Ia menyarankan untuk memperbaiki fundamental ekonomi maka harus diberikan insentif pada importasi barang modal yang didukung industri pangan dan energi lokal.

Dengan demikian perlahan importasi pangan akan tersubstitusi sehingga dalam jangka pendek dan kian membaik dalam jangka panjang.

Faktanya Indonesia masih dihantui praktik mafia impor pangan dan energi dengan belum terlibatnya keberanian pemimpin untuk memberantasnya.

Selain itu, ekonomi Indonesia juga cenderung masih terus mengandalkan komoditas ekstraktif yang harganya dikendalikan pasar global.

Industri pangan, energi, dan pariwisata yang memberikan pekerjaan lebih banyak untuk rakyat setiap tahunnya justru menurun kualitasnya.

Di sisi lain sektor pertanian juga tampak masih kedodoran untuk mewujudkan target swasembada pangan.

Maka dengan ekonomi yang tumbuh setiap tahun rata-rata 5 persen sudah dapat ditebak bahwa kinerjanya hanya ditopang oleh pilar konsumsi.

Sementara konsumsi importasi dan ditambah beban angsuran utang dan bunga yang besar memaksa anggaran untuk selalu berada dalam bayang-bayang defisit dua digit neraca perdagangan dan neraca pembayaran sekaligus.
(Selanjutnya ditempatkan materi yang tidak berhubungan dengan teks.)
-- ===== src/Mobile/Companion/Bridged.antt =====
-- mobile-companion.ts against services.ts: the phone and the bridge over several refreshes.
use erg.Prelude.{
  ℕ, ◌<◌, ◌≡◌, ◌≢◌, ◌∙◌, refl, ap, subst, sym, true, Option, none, some, Text, codes, arith,
  is_empty, ◌||◌, trim,
}
use erg.Bridge.Store.{State}
use erg.Bridge.Store.Coherent.{IsCoherent}
use erg.Bridge.Services
use erg.Bridge.Services.{Env, memory, hash, store_of, refresh_reuse_detected, ApiError}
use erg.Bridge.Services.Refresh.{
  RefreshInput, RefreshDraws, RefreshSessionResponse, refresh_session,
}
use erg.Bridge.Services.Refresh.Rotation.{refresh_next}
use erg.Bridge.Services.Refresh.Reuse.{IsCompromised}
use erg.Bridge.Services.Refresh.Replay.{replay_compromises}
use erg.Bridge.History.Coherent.Refreshes.{refresh_session-K}
use erg.Bridge.Server.{api_code}
use erg.Mobile.Companion.Storage.{IsComplete, load-save}
use erg.Mobile.Companion.{
  Companion, DeviceRegistration, RefreshRequest, Api, returned, rejected, Result, ok, failed,
  request_failed, companion_of, started, restore, load, save, remember, expires_within,
  access_refresh_window_ms, renew, ensure_fresh_session, require_registration, repair_from_error,
}

-- The request as the bridge reads it from an address.
abbrev pub input_of : Option Text → RefreshRequest → RefreshInput
input_of ip request = record {
  device_id = request.device_id;
  refresh_token = request.refresh_token;
  remote_ip = ip;
}

-- What the phone gets when the answer of the bridge arrives.
pub answer_of : Services.Run RefreshSessionResponse → Api RefreshSessionResponse
unfolding api_code
answer_of (Services.ok r s) = returned r
answer_of (Services.err e s) = rejected (some (api_code e))

pub over :
    Env → ℕ → RefreshDraws → Option Text → State → RefreshRequest → Api RefreshSessionResponse
unfolding answer_of refresh_session
over env now draws ip store request =
    answer_of (refresh_session env now draws (input_of ip request) store)

-- The request that a registration makes.
abbrev pub request_of : DeviceRegistration → RefreshRequest
request_of r = record { device_id = r.device_id; refresh_token = r.refresh_token }

-- Whether the phone is going to ask for a new session.
abbrev IsStale : ℕ → Companion → Type 0
IsStale now c =
    (is_empty c.access_token
      || expires_within c.access_token_expires_at access_refresh_window_ms now)
    ≡ true

ensure-returned :
    (now : ℕ) (refresh : RefreshRequest → Api RefreshSessionResponse) (c : Companion)
    (reg : DeviceRegistration) (answer : RefreshSessionResponse)
    → c.registration ≡ some reg
    → IsStale now c
    → refresh (request_of reg) ≡ returned answer
    → ensure_fresh_session now refresh c
      ≡ ok tt (
          remember
            (record reg { refresh_token = answer.refresh_token })
            answer.access_token
            answer.access_expires_at
            c)
unfolding ensure_fresh_session require_registration renew
ensure-returned now refresh c reg answer has stale got = ground (arith, has, stale, got)

ensure-rejected :
    (now : ℕ) (refresh : RefreshRequest → Api RefreshSessionResponse) (c : Companion)
    (reg : DeviceRegistration) (code : Option Text)
    → c.registration ≡ some reg
    → IsStale now c
    → refresh (request_of reg) ≡ rejected code
    → ensure_fresh_session now refresh c ≡ failed (request_failed code) c
unfolding ensure_fresh_session require_registration renew
ensure-rejected now refresh c reg code has stale got = ground (arith, has, stale, got)

-- The registration with the token that the bridge returned.
abbrev pub renewed : DeviceRegistration → RefreshSessionResponse → DeviceRegistration
renewed reg r = record reg { refresh_token = r.refresh_token }

module _ (env : Env) (now : ℕ) (draws : RefreshDraws) (ip : Option Text) (store store' : State)
    (c : Companion) (reg : DeviceRegistration) (r : RefreshSessionResponse)
    (coherent : IsCoherent store) (has : c.registration ≡ some reg) (stale : IsStale now c)
    (granted : refresh_session env now draws (input_of ip (request_of reg)) store
      ≡ Services.ok r store') where
  -- When the answer to a refresh has arrived, the app can be started anew: if no text of the renewed
  -- registration is empty it is restored from the storage, and until the returned expiry of the
  -- refresh token the bridge grants the next refresh with it, in either store, provided that its
  -- tables were coherent before the first and that nothing came between the two.
  pub survives_restart :
      (later : ℕ) (draws' : RefreshDraws) (ip' : Option Text)
      → IsComplete (renewed reg r)
      → later < r.refresh_expires_at
      → let c' = companion_of (ensure_fresh_session now (over env now draws ip store) c) in
        let d = restore (started c'.storage) in
        (d.registration ≡ some (renewed reg r))
        × (r' : RefreshSessionResponse) × (ensure_fresh_session later
              (over env later draws' ip' store')
              d
            ≡ ok tt (remember (renewed reg r') r'.access_token r'.access_expires_at d))
  unfolding over answer_of restore
  survives_restart later draws' ip' complete time =
      let arrived : over env now draws ip store (request_of reg) ≡ returned r = rw granted in
      let first = ensure-returned now (over env now draws ip store) c reg r has stale arrived in
      let c' = companion_of (ensure_fresh_session now (over env now draws ip store) c) in
      let saved : c'.storage ≡ some (save (renewed reg r)) =
        ap (λ (x : Result (Unit {0})). (companion_of x).storage) first in
      let loaded : load c'.storage ≡ some (renewed reg r) =
        ap load saved ∙ load-save (renewed reg r) complete in
      let (r', store'', next) =
        refresh_next env now draws (input_of ip (request_of reg)) store store' r coherent later
          draws' (input_of ip' (request_of (renewed reg r))) granted refl refl time in
      let d = restore (started c'.storage) in
      let again : over env later draws' ip' store' (request_of (renewed reg r)) ≡ returned r' =
        rw next in
      (
        loaded,
        r',
        ensure-returned later (over env later draws' ip' store') d (renewed reg r) r' loaded refl
            again,
      )

  -- If the answer to a refresh is lost on its way, then over the memory store, with coherent tables
  -- and two tokens of different hashes, the next attempt of the phone, if nothing comes before it, is
  -- taken for a theft of the token: it fails with `refresh_reuse_detected`, the bridge gives
  -- the device and its family up, and the repair that follows on the phone deletes the registration.
  pub lost_answer :
      (later : ℕ) (draws' : RefreshDraws) (ip' : Option Text)
      → env.config.bridge_store_driver ≡ memory
      → hash env r.refresh_token ≢ hash env reg.refresh_token
      → IsStale later c
      → let c' = companion_of (ensure_fresh_session now (λ _. rejected none) c) in
        let retry = refresh_session env later draws' (input_of ip' (request_of reg)) store' in
        let code = some (codes "refresh_reuse_detected") in
        (ensure_fresh_session later (over env later draws' ip' store') c'
          ≡ failed (request_failed code) c')
        × ((repair_from_error code c').0.registration ≡ none)
        × ((repair_from_error code c').0.storage ≡ none)
        × (family_id : Text) × IsCompromised store' (store_of retry) (trim reg.device_id) family_id
  unfolding over answer_of api_code repair_from_error
  lost_answer later draws' ip' driver other stale' =
      let c' = companion_of (ensure_fresh_session now (λ _. rejected none) c) in
      let same : c' ≡ c =
        ap companion_of (ensure-rejected now (λ _. rejected none) c reg none has stale refl) in
      let coherent' =
        subst (λ q. IsCoherent (store_of q)) granted
          (refresh_session-K env now draws (input_of ip (request_of reg)) store coherent) in
      let (s'', family_id, threw, given_up) =
        replay_compromises env now draws (input_of ip (request_of reg)) store store' r coherent
          other later draws' (input_of ip' (request_of reg)) granted coherent' driver refl refl in
      let code = some (codes "refresh_reuse_detected") in
      let answer = over env later draws' ip' store' in
      let refused : answer (request_of reg) ≡ rejected code = rw threw in
      (
        subst
            (λ (x : Companion).
              ensure_fresh_session later answer x ≡ failed (request_failed code) x)
            (sym same) (ensure-rejected later answer c reg code has stale' refused),
        refl,
        refl,
        family_id,
        subst (λ (x : State). IsCompromised store' x (trim reg.device_id) family_id)
            (sym (ap store_of threw)) given_up,
      )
Untuk itu Suroto menyarankan agar Pemerintah tetap fokus mengembangkan pangan dan energi karena memiliki dampak ikutan yang luas.

Dengan begitu maka amanat reformasi dua dekade silam dalam TAP MRP RI untuk melakanakan demokratisasi ekonomi tidak akan lagi tertinggal sebagai sekadar macan kertas.